To choose the best filter for each row, an encoder would need to test all possible combinations. This is clearly impossible, as even a 20-row image would require testing over 95 trillion combinations, where "testing" would involve filtering and compressing the entire image.

Compression levels are normally defined as numbers between 0 (none) and 9 (best). These refer to tradeoffs between speed and size, and relate to how many combinations of row-filters are to be tried. There are no standards as regarding these compression levels, so every image-editor may have its own algorithms as to how many filters to try when optimizing the image-size.

Compression level 0 means that filters are not used at all, which is fast but wasteful. Higher levels mean that more and more combinations are tried on image-rows and only the best ones are retained.
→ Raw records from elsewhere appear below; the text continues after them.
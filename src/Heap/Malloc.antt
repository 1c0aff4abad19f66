-- ===== src/Heap/Malloc.antt =====
-- `heap_init` and `kmalloc` against the list of blocks.
use hatcher.Base.{
  ℕ, zero, suc, ◌+◌, ◌-◌, ◌^◌, ◌≤◌, ◌<◌, ◌≡◌, refl, sym, ◌∙◌, true, false, List, [], ◌∷◌, arith,
  ◌==◌, Bool-cases, inl, inr, length,
}
use mathlib.Core.Path.{subst}
use hatcher.Effect.{Returns, returns, mono}
use hatcher.Heap.{Heap, block_size, align16, heap_init, malloc_loop, kmalloc}
use hatcher.Heap.Spec.{Seg, seg, after, fits, place, alloc, alloc_at}
use hatcher.Heap.Chain.{Chain, Chain-le, start, load-ok}
use hatcher.Heap.Split.{Holds, take_block-place}

-- The blocks of the heap are `ss`: they fill it from its base to its end.
pub record IsHeap (m : Heap) (ss : List Seg) : Type 0 where
  pub chain : Chain m.header 0 m.heap_base ss (m.heap_base + m.heap_total_size)
  pub head : m.heap_head ≡ m.heap_base
  pub nonempty : 0 < length ss
  pub low : 0 < m.heap_base
  pub high : m.heap_base + m.heap_total_size < 2 ^ 64

-- `heap_init` makes one free block of the whole region.
pub heap_init-IsHeap :
    (m : Heap) (heap_start heap_size : ℕ)
    → 0 < heap_start
    → block_size ≤ heap_size
    → heap_start + heap_size < 2 ^ 64
    → Returns
        (λ _ m'.
          IsHeap m' (seg (heap_size - block_size) true ∷ [])
          × (m'.heap_base ≡ heap_start)
          × (m'.heap_total_size ≡ heap_size))
        (heap_init heap_start heap_size m)
unfolding heap_init
heap_init-IsHeap m heap_start heap_size pos room high = returns (
  record {
    chain = (ground arith, omega arith);
    head = refl;
    nonempty = omega arith;
    low = pos;
    high = high;
  },
  refl,
  refl,
)

start-place : (n size a : ℕ) (ss : List Seg) → start a (place n size ss) ≡ a
unfolding place
start-place n size a ss = ground arith

start-alloc : (n a : ℕ) (ss : List Seg) → start a (alloc n ss) ≡ start a ss
unfolding alloc
start-alloc n a [] = refl
start-alloc n a (s ∷ ss) = ground (arith, start-place n s.size a ss)

-- What a call of the allocator has done to the blocks `ss` from `a` to `e`.
abbrev Allocated : Heap → ℕ → ℕ → ℕ → List Seg → ℕ → ℕ → Heap → Type 0
Allocated m n prev a ss e p m' = (p ≡ alloc_at n a ss) × Holds m prev a (alloc n ss) e m'

malloc_loop-alloc :
    (k : ℕ) (m : Heap) (n prev a : ℕ) (ss : List Seg) (e : ℕ)
    → 0 < a
    → e < 2 ^ 64
    → length ss < k
    → Chain m.header prev a ss e
    → Returns (Allocated m n prev a ss e) (malloc_loop k n (start a ss) m)
unfolding malloc_loop alloc alloc_at
malloc_loop-alloc zero m n prev a ss e pos room fuel c = elim fuel [ ]
malloc_loop-alloc (suc k) m n prev a [] e pos room fuel c = returns (
  refl,
  record {
    chain = c;
    below = λ y lt. refl;
    head = refl;
    base = refl;
    total = refl;
    bytes = λ y. refl;
  },
)
malloc_loop-alloc (suc k) m n prev a (s ∷ ss) e pos room fuel c =
    let nz : (a == 0) ≡ false = ground arith in
    rw (nz, load-ok m (omega arith) c.0)
      (elim (Bool-cases (fits n s)) [
        | inl fit ↦ rw fit (
            mono (take_block-place m n prev a e s ss pos room fit c)
              λ p m' (at, h). (rw fit at, rw fit h))
        | inr miss ↦ rw miss (
            mono (malloc_loop-alloc k m n a (after a s) ss e (omega arith) room (omega arith) c.1)
              λ p m' (at, h). (rw miss at, rw miss (keep m' h)))
      ])
  where
    -- The block at `a` is passed over, and still points at the blocks behind it.
    keep :
        (m' : Heap) → Holds m a (after a s) (alloc n ss) e m' → Holds m prev a (s ∷ alloc n ss) e m'
    keep m' h = record {
      chain = (rw start-alloc (h.below a (omega arith) ∙ c.0), h.chain);
      below = λ y lt. h.below y (omega arith);
      head = h.head;
      base = h.base;
      total = h.total;
      bytes = h.bytes;
    }

length-alloc : (n : ℕ) (ss : List Seg) → length ss ≤ length (alloc n ss)
unfolding alloc place
length-alloc n [] = omega arith
length-alloc n (s ∷ ss) = ground (arith, length-alloc n ss)

pub IsHeap-fuel : {m : Heap} {ss : List Seg} → IsHeap m ss → length ss < suc m.heap_total_size
IsHeap-fuel {m} {ss} v = omega (arith, Chain-le m.header 0 m.heap_base ss _ v.chain)

pub start-eq : (a : ℕ) (ss : List Seg) → 0 < length ss → start a ss ≡ a
start-eq a [] h = elim h [ ]
start-eq a (s ∷ ss) h = refl

pub IsHeap-Holds :
    {m m' : Heap} {ss ts : List Seg}
    → IsHeap m ss
    → 0 < length ts
    → Holds m 0 m.heap_base ts (m.heap_base + m.heap_total_size) m'
    → IsHeap m' ts
IsHeap-Holds v some_block h = record {
  chain = rw (h.base, h.total) h.chain;
  head = h.head ∙ v.head ∙ sym h.base;
  nonempty = some_block;
  low = rw h.base v.low;
  high = rw (h.base, h.total) v.high;
}

-- `kmalloc` ends, without a fault, in a heap whose blocks are those of the first-fit search for the
-- rounded size; it returns the address that the search hands out, which is NULL if nothing fits, and
-- changes no byte behind a header.
pub kmalloc-alloc :
    (m : Heap) (ss : List Seg) (size : ℕ)
    → IsHeap m ss
    → Returns
        (λ p m'.
          (p ≡ alloc_at (align16 size) m.heap_base ss)
          × IsHeap m' (alloc (align16 size) ss)
          × (m'.heap_base ≡ m.heap_base)
          × (m'.heap_total_size ≡ m.heap_total_size)
          × ((y : ℕ) → m'.byte y ≡ m.byte y))
        (kmalloc size m)
unfolding kmalloc
kmalloc-alloc m ss size v =
    mono
      (subst
        (λ p.
          Returns (Allocated m n 0 m.heap_base ss (m.heap_base + m.heap_total_size))
            (malloc_loop (suc m.heap_total_size) n p m))
        (sym first)
        (malloc_loop-alloc (suc m.heap_total_size) m n 0 m.heap_base ss _ v.low v.high
          (IsHeap-fuel v) v.chain))
      λ p m' (at, h). (
        at,
        IsHeap-Holds v (omega (arith, length-alloc n ss, v.nonempty)) h,
        h.base,
        h.total,
        h.bytes,
      )
  where
    n : ℕ
    n = align16 size

    first : m.heap_head ≡ start m.heap_base ss
    first = v.head ∙ sym (start-eq m.heap_base ss v.nonempty)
I would guess that the simplest approach to the best compression is to incrementally test-compress each row with each filter, save the smallest result, and repeat for the next row. This amounts to filtering and compressing the entire image five times, which may be a reasonable trade-off for an image that will be transmitted and decoded many times. Lower compression values will do less, at the discretion of the tool's developer.
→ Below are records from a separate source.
-- ===== src/Heap/Account.antt =====
-- `heap_used` and `heap_free`: what they sum up, and that no byte of the heap is lost.
use mathlib.Core.Path.{subst}
use hatcher.Base.{
  ℕ, zero, suc, ◌+◌, ◌*◌, ◌^◌, ◌≤◌, ◌<◌, ◌≡◌, sym, ap, ◌∙◌, Bool, true, false, Option, List, [],
  ◌∷◌, arith, ◌==◌, u64, length, if◌then◌else◌,
}
use hatcher.Effect.{ok}
use hatcher.Heap.{Block, Heap, block_size, sum_loop, heap_used, heap_free, heap_total}
use hatcher.Heap.Spec.{Seg, after, bytes_in}
use hatcher.Heap.Chain.{Chain, start, load-ok}
use hatcher.Heap.Malloc.{IsHeap, IsHeap-fuel, start-eq}

abbrev counted : Bool → Seg → ℕ
counted wanted s = if s.free then (if wanted then s.size else 0) else (if wanted then 0 else s.size)

bytes_in-le :
    (h : ℕ → Option Block) (wanted : Bool) (prev a : ℕ) (ss : List Seg) (e : ℕ)
    → Chain h prev a ss e
    → a + bytes_in wanted ss ≤ e
unfolding bytes_in
bytes_in-le h wanted prev a [] e c = omega arith
bytes_in-le h wanted prev a (s ∷ ss) e c =
    ground (arith, bytes_in-le h wanted a (after a s) ss e c.1)

sum_loop-bytes_in :
    (k : ℕ) (m : Heap) (wanted : Bool) (prev a acc : ℕ) (ss : List Seg) (e : ℕ)
    → 0 < a
    → length ss < k
    → acc + bytes_in wanted ss < 2 ^ 64
    → Chain m.header prev a ss e
    → sum_loop wanted k (start a ss) acc m ≡ ok (acc + bytes_in wanted ss) m
unfolding sum_loop bytes_in
sum_loop-bytes_in zero m wanted prev a acc ss e pos fuel small c = elim fuel [ ]
sum_loop-bytes_in (suc k) m wanted prev a acc [] e pos fuel small c = ap (λ n. ok n m) (omega arith)
sum_loop-bytes_in (suc k) m wanted prev a acc (s ∷ ss) e pos fuel small c =
    let nz : (a == 0) ≡ false = ground arith in
    let sum : u64 (acc + counted wanted s) ≡ acc + counted wanted s = omega arith in
    rw (nz, load-ok m (omega arith) c.0, sum)
      (sum_loop-bytes_in k m wanted a (after a s) (acc + counted wanted s) ss e (omega arith)
          (omega arith) (omega arith) c.1
        ∙ ap (λ n. ok n m) (omega arith))

bytes_in_total :
    (h : ℕ → Option Block) (prev a : ℕ) (ss : List Seg) (e : ℕ)
    → Chain h prev a ss e
    → a + bytes_in false ss + bytes_in true ss + block_size * length ss ≡ e
unfolding bytes_in
bytes_in_total h prev a [] e c = omega arith
bytes_in_total h prev a (s ∷ ss) e c = ground (arith, bytes_in_total h a (after a s) ss e c.1)

-- `heap_used` and `heap_free` return the bytes of the blocks in use and of the free ones, and leave
-- the heap as it is; with a header for each block these make up the `heap_total` bytes.
pub heap_used-add-heap_free :
    (m : Heap) (ss : List Seg)
    → IsHeap m ss
    → (heap_used m ≡ ok (bytes_in false ss) m)
      × (heap_free m ≡ ok (bytes_in true ss) m)
      × (bytes_in false ss + bytes_in true ss + block_size * length ss ≡ heap_total m)
unfolding heap_used heap_free heap_total
heap_used-add-heap_free m ss v =
    (count false, count true, omega (arith, bytes_in_total m.header 0 m.heap_base ss _ v.chain))
  where
    count :
        (wanted : Bool)
        → sum_loop wanted (suc m.heap_total_size) m.heap_head 0 m ≡ ok (bytes_in wanted ss) m
    count wanted =
        subst (λ p. sum_loop wanted (suc m.heap_total_size) p 0 m ≡ ok (bytes_in wanted ss) m)
          (sym (v.head ∙ sym (start-eq m.heap_base ss v.nonempty)))
          (sum_loop-bytes_in (suc m.heap_total_size) m wanted 0 m.heap_base 0 ss _ v.low
              (IsHeap-fuel v)
              (omega (arith, v.high, bytes_in-le m.header wanted 0 m.heap_base ss _ v.chain))
              v.chain
            ∙ ap (λ n. ok n m) (omega arith))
In addition to filters, the compression level might also affect the zlib compression level which is a number between 0 (no Deflate) and 9 (maximum Deflate). How the specified 0-9 levels affect the usage of filters, which are the main optimization feature of PNG, is still dependent on the tool's developer.
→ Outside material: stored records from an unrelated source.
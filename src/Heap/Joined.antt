-- ===== src/Heap/Joined.antt =====
-- No two free blocks lie side by side, after `kmalloc` and `kfree` too, and `kfree` undoes `kmalloc`.
use mathlib.Core.Path.{subst}
use hatcher.Base.{
  ℕ, ◌+◌, ◌≤◌, ◌≡◌, refl, ◌≢◌, Bool, true, false, List, [], ◌∷◌, arith, ◌==◌, ==_iff, ltb,
  Bool-cases, inl, inr, not, ◌||◌,
}
use hatcher.Heap.{block_size}
use hatcher.Heap.Spec.{Seg, after, fits, place, alloc, alloc_at, absorb_next, absorb_prev, release}

-- No two free blocks lie side by side.
abbrev pub head_busy : List Seg → Bool
head_busy [] = true
head_busy (s ∷ ss) = not s.free

abbrev pub IsJoined : List Seg → Type 0
IsJoined [] = Unit
IsJoined (s ∷ ss) = ((not s.free || head_busy ss) ≡ true) × IsJoined ss

head_busy-place : (n size : ℕ) (ss : List Seg) → head_busy (place n size ss) ≡ true
unfolding place
head_busy-place n size ss = ground arith

place-IsJoined :
    (n size : ℕ) (ss : List Seg) → head_busy ss ≡ true → IsJoined ss → IsJoined (place n size ss)
unfolding place
place-IsJoined n size ss busy v = elim (Bool-cases (ltb (n + block_size) size)) [
  | inl cut ↦ rw cut (refl, (busy, v))
  | inr keep ↦ rw keep (refl, v)
]

head_busy-alloc : (n : ℕ) (ss : List Seg) → head_busy ss ≡ true → head_busy (alloc n ss) ≡ true
unfolding alloc
head_busy-alloc n [] h = refl
head_busy-alloc n (s ∷ ss) h = ground (arith, head_busy-place n s.size ss)

pub alloc-IsJoined : (n : ℕ) (ss : List Seg) → IsJoined ss → IsJoined (alloc n ss)
unfolding alloc
alloc-IsJoined n [] v = tt
alloc-IsJoined n (s ∷ ss) v = elim (Bool-cases (fits n s)) [
  | inl fit ↦ simp fit (place-IsJoined n s.size ss (ground arith) v.1)
  | inr miss ↦ simp miss (ground (arith, head_busy-alloc n ss), alloc-IsJoined n ss v.1)
]

absorb_next-IsJoined : (n : ℕ) (ss : List Seg) → IsJoined ss → IsJoined (absorb_next n ss)
unfolding absorb_next
absorb_next-IsJoined n [] v = (refl, tt)
absorb_next-IsJoined n (s ∷ ss) v = elim (Bool-cases s.free) [
  | inl idle ↦ simp idle (ground arith, v.1)
  | inr busy ↦ simp busy (ground arith, (refl, v.1))
]

pub head-absorb_next : (n : ℕ) (ss : List Seg) → head_busy (absorb_next n ss) ≡ false
unfolding absorb_next
head-absorb_next n [] = refl
head-absorb_next n (s ∷ ss) = ground arith

absorb_prev-IsJoined :
    (s : Seg) (ss : List Seg) → head_busy ss ≡ false → IsJoined ss → IsJoined (absorb_prev s ss)
unfolding absorb_prev
absorb_prev-IsJoined s [] h v = (ground arith, tt)
absorb_prev-IsJoined s (t ∷ ss) h v = elim (Bool-cases s.free) [
  | inl idle ↦ simp idle (ground arith, v.1)
  | inr busy ↦ simp busy (ground arith, v)
]

head_busy-absorb_prev :
    (s : Seg) (ss : List Seg) → s.free ≡ false → head_busy (absorb_prev s ss) ≡ true
unfolding absorb_prev
head_busy-absorb_prev s [] h = ground arith
head_busy-absorb_prev s (t ∷ ss) h = ground arith

head_busy-release :
    (p a : ℕ) (ss : List Seg)
    → (a == p) ≡ false
    → head_busy ss ≡ true
    → head_busy (release p a ss) ≡ true
unfolding release
head_busy-release p a [] past h = refl
head_busy-release p a (s ∷ ss) past h =
    ground (arith, head_busy-absorb_prev s (release p (after a s) ss))

-- The blocks from `p` on, with the one at `p` released.
first-IsJoined :
    (s : Seg) (p a : ℕ) (ss : List Seg)
    → (a == p) ≡ true
    → IsJoined ss
    → IsJoined (release p a ss)
    → IsJoined (absorb_prev s (release p a ss))
unfolding release
first-IsJoined s p a [] at v w = unfold absorb_prev in (ground arith, tt)
first-IsJoined s p a (t ∷ ss) at v w = simp at (
    absorb_prev-IsJoined s (absorb_next t.size ss) (head-absorb_next t.size ss)
      (absorb_next-IsJoined t.size ss v.1))

pub release-IsJoined : (p a : ℕ) (ss : List Seg) → IsJoined ss → IsJoined (release p a ss)
unfolding release
release-IsJoined p a [] v = tt
release-IsJoined p a (s ∷ ss) v = elim (Bool-cases (a == p)) [
  | inl at ↦ simp at (absorb_next-IsJoined s.size ss v.1)
  | inr past ↦ elim (Bool-cases (after a s == p)) [
    | inl second ↦
        simp (past, second)
          (first-IsJoined s p (after a s) ss second v.1 (release-IsJoined p (after a s) ss v.1))
    | inr miss ↦
        simp (past, miss)
          (
            ground (arith, head_busy-release p (after a s) ss miss),
            release-IsJoined p (after a s) ss v.1,
          )
  ]
]

pub alloc_at-ge : (n a : ℕ) (ss : List Seg) → alloc_at n a ss ≢ 0 → a + block_size ≤ alloc_at n a ss
unfolding alloc_at
alloc_at-ge n a [] h = absurd (h refl)
alloc_at-ge n a (s ∷ ss) h = ground (arith, alloc_at-ge n (after a s) ss)

head_idle : (n q : ℕ) (ss : List Seg) → alloc_at n q ss ≡ q + block_size → head_busy ss ≡ false
unfolding alloc_at
head_idle n q [] e = absurd (omega arith)
head_idle n q (s ∷ ss) e = ground (arith, alloc_at-ge n (after q s) ss)

release-place :
    (n a : ℕ) (s : Seg) (ss : List Seg)
    → fits n s ≡ true
    → head_busy ss ≡ true
    → release a a (place n s.size ss) ≡ s ∷ ss
unfolding release place absorb_next
release-place n a s [] fit busy = ground arith
release-place n a s (t ∷ ss) fit busy = ground arith

absorb_prev_busy : (s : Seg) (ss : List Seg) → s.free ≡ false → absorb_prev s ss ≡ s ∷ ss
unfolding absorb_prev
absorb_prev_busy s [] h = refl
absorb_prev_busy s (t ∷ ss) h = ground arith

busy_of : (b c : Bool) → (not b || c) ≡ true → c ≡ false → b ≡ false
busy_of b c h e = ground arith

pub release_second :
    (p a : ℕ) (s : Seg) (ss : List Seg)
    → (a == p) ≡ false
    → (after a s == p) ≡ true
    → release p a (s ∷ ss) ≡ absorb_prev s (release p (after a s) ss)
unfolding release
release_second p a s ss past second = simp (past, second)

pub release_past :
    (p a : ℕ) (s : Seg) (ss : List Seg)
    → (a == p) ≡ false
    → (after a s == p) ≡ false
    → release p a (s ∷ ss) ≡ s ∷ release p (after a s) ss
unfolding release
release_past p a s ss past miss = simp (past, miss)

-- Where no two free blocks lie side by side, a release undoes the allocation before it.
pub release-alloc :
    (n p a : ℕ) (ss : List Seg)
    → IsJoined ss
    → alloc_at n a ss ≡ p + block_size
    → release p a (alloc n ss) ≡ ss
unfolding alloc alloc_at
release-alloc n p a [] v e = absurd (omega arith)
release-alloc n p a (s ∷ ss) v e = elim (Bool-cases (fits n s)) [
  | inl fit ↦
      let here : a ≡ p = ground arith in
      simp fit (
        subst (λ q. release q a (place n s.size ss) ≡ s ∷ ss) here
          (release-place n a s ss fit (ground arith)))
  | inr miss ↦
      let there : alloc_at n (after a s) ss ≡ p + block_size = ground arith in
      let past : (a == p) ≡ false = ground (arith, alloc_at-ge n (after a s) ss) in
      let back = release-alloc n p (after a s) ss v.1 there in
      simp miss (elim (Bool-cases (after a s == p)) [
        | inl second ↦
            let idle =
              head_idle n (after a s) ss (omega (arith, there, (==_iff (after a s) p).0 second)) in
            rw (release_second p a s (alloc n ss) past second, back)
              (absorb_prev_busy s ss (busy_of s.free (head_busy ss) v.0 idle))
        | inr later ↦ rw (release_past p a s (alloc n ss) past later, back)
      ])
]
The conclusion is that PNG has a compression parameter that can reduce the file-size very significantly, all without the loss of even a single pixel.

Sources:

Wikipedia Portable Network Graphics
libpng documentation Chapter 9 - Compression and Filtering




ANSWER 5

Score 5


OK, I am too late for the bounty, but here is my answer anyway.

PNG is always lossless. It uses Deflate/Inflate algorithm, similar to those used in zip programs.

Deflate algorithm searches repeated sequences of bytes and replaces those with tags. The compression level setting specifies how much effort the program uses to find the optimal combination of byte sequences, and how much memory is reserved for that. It is compromise between time and memory usage vs. compressed file size. However, modern computers are so fast and have enough memory so that there is rarely need to use other than the highest compression setting.

Many PNG implementations use zlib library for compression. Zlib has nine compression levels, 1-9. I don't know the internals of Gimp, but since it has compression level settings 0-9 (0 = no compression), I would assume this setting simply selects the compression level of zlib.

Deflate algorithm is a general purpose compression algorithm, it has not been designed for compressing pictures. Unlike most other lossless image file formats, PNG format is not limited to that. PNG compression takes advantage of the knowledge that we are compressing a 2D image. This is achieved by so called filters.

(Filter is actually a bit misleading term here. It does not actually change the image contents, it just codes it differently. More accurate name would be delta encoder.)

PNG specification specifies 5 different filters (including 0 = none). The filter replaces absolute pixel values with difference from previous pixel to the left, up, diagonal or combination of those. This may significantly improve the compression ratio. Each scan line on the image can use different filter. The encoder can optimize the compression by choosing the best filter for each line.

For details of PNG file format, see PNG Specification.

Since there are virtually infinite number of combinations, it is not possible to try them all. Therefore, different kind of strategies have been developed for finding an effective combination. Most image editors probably do not even try to optimize the filters line by line but instead just used fixed filter (most likely Paeth).

A command line program pngcrush tries several strategies to find the best result. It can significantly reduce the size of PNG file created by other programs, but it may take quite a bit of time on larger images. See Source Forge - pngcrush.